Instructions for the task
I would like the number of lines in the data that contain the word "tenantId". Please give that number alone.

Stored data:
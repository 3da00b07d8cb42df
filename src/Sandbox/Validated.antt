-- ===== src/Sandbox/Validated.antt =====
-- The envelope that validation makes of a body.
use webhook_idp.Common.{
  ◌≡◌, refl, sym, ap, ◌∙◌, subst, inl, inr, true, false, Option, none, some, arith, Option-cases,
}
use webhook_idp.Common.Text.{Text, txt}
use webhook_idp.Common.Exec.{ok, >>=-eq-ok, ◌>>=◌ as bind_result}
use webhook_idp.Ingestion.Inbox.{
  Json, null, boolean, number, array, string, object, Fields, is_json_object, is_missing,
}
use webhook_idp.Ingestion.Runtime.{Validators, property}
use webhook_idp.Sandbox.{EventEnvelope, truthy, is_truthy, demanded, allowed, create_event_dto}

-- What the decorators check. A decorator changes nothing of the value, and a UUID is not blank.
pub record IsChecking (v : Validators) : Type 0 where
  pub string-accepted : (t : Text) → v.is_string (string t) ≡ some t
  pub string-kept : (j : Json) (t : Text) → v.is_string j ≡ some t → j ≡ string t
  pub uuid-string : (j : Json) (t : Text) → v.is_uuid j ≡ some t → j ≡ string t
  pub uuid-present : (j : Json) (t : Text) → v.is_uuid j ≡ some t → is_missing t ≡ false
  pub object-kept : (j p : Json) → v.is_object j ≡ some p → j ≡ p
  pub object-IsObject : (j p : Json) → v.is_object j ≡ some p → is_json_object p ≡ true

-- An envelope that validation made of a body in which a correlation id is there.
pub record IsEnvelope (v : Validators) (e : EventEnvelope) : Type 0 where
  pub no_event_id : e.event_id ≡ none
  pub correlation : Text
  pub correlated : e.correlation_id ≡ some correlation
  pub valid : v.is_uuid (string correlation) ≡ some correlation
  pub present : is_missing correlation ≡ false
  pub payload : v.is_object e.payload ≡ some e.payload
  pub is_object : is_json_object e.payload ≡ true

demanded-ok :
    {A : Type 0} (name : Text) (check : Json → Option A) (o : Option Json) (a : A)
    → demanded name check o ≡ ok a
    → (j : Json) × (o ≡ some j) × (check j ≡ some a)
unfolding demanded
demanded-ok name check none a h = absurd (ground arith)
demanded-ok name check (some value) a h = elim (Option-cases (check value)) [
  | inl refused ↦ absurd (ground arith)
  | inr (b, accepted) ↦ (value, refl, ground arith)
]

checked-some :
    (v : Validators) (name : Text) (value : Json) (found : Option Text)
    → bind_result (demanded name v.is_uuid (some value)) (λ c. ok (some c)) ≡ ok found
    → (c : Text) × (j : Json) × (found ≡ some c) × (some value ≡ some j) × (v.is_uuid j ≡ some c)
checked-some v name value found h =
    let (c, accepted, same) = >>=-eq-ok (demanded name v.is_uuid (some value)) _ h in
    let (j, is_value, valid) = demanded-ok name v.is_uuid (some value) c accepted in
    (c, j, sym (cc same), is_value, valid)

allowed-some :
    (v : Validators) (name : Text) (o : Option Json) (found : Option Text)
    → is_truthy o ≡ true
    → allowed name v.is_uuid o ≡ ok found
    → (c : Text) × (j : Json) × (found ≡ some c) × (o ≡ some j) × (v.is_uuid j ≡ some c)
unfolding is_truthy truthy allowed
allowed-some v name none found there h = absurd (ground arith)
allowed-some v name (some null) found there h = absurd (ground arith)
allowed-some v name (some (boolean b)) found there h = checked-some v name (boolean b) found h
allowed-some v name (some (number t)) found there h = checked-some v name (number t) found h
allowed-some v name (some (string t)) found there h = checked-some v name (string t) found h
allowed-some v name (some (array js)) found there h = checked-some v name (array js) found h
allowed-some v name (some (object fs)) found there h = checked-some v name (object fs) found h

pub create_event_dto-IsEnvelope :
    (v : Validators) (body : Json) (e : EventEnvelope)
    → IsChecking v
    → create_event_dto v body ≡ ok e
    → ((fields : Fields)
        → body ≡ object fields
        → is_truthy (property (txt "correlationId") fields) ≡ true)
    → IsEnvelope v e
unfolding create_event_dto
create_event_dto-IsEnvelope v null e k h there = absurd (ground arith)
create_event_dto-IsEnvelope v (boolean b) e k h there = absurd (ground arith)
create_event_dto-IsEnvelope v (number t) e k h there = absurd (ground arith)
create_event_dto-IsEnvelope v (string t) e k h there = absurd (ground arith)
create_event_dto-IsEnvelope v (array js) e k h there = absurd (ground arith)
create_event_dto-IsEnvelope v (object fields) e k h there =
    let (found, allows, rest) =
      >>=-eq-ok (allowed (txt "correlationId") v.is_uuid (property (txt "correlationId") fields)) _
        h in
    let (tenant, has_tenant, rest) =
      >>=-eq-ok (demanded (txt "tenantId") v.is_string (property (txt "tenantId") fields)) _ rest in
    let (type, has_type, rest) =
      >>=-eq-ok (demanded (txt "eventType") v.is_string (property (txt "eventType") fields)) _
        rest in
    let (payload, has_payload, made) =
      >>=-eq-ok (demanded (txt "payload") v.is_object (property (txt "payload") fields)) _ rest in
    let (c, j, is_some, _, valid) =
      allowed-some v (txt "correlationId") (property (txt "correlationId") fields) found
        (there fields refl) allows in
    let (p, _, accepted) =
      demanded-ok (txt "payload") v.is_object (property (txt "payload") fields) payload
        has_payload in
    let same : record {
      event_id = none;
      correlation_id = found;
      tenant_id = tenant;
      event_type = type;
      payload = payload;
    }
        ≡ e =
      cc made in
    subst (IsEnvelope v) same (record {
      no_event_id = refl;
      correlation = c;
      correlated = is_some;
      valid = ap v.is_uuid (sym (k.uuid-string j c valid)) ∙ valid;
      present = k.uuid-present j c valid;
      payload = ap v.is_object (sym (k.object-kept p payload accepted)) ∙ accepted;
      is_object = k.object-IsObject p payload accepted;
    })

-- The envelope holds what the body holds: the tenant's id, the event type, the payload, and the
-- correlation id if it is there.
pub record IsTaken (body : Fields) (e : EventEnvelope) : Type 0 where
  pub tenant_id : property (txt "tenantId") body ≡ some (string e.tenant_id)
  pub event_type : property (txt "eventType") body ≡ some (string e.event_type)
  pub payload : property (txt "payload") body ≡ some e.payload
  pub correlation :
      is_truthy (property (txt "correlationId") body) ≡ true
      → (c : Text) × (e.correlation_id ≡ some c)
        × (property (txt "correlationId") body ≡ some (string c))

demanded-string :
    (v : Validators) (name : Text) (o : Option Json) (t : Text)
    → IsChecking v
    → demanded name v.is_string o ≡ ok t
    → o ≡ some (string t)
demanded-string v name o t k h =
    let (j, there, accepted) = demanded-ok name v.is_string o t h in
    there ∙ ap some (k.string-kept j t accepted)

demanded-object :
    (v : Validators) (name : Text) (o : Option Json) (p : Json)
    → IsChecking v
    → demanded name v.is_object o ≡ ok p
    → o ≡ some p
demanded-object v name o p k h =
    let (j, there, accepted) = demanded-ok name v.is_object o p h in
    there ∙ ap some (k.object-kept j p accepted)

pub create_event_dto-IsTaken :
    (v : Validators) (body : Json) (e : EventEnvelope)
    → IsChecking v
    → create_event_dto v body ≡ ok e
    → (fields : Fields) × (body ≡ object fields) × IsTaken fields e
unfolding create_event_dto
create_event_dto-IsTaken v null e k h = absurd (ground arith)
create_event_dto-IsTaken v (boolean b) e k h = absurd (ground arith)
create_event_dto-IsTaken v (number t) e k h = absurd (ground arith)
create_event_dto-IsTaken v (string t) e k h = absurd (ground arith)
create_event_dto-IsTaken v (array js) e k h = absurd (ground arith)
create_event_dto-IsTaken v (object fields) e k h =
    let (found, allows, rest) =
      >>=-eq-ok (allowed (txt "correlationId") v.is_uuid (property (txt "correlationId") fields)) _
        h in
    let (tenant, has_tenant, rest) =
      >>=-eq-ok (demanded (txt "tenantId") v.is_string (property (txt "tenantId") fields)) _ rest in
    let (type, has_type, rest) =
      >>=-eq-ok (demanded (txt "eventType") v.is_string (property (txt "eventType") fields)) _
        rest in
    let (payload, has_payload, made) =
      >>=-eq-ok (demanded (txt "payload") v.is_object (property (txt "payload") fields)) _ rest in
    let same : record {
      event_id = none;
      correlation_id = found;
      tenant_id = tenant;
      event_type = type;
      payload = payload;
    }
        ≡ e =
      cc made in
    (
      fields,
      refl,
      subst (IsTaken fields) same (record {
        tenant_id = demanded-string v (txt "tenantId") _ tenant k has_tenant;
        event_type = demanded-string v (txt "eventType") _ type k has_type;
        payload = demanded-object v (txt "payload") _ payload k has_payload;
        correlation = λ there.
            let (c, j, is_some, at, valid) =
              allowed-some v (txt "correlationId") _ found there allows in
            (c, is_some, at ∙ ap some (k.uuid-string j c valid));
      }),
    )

Task solution
4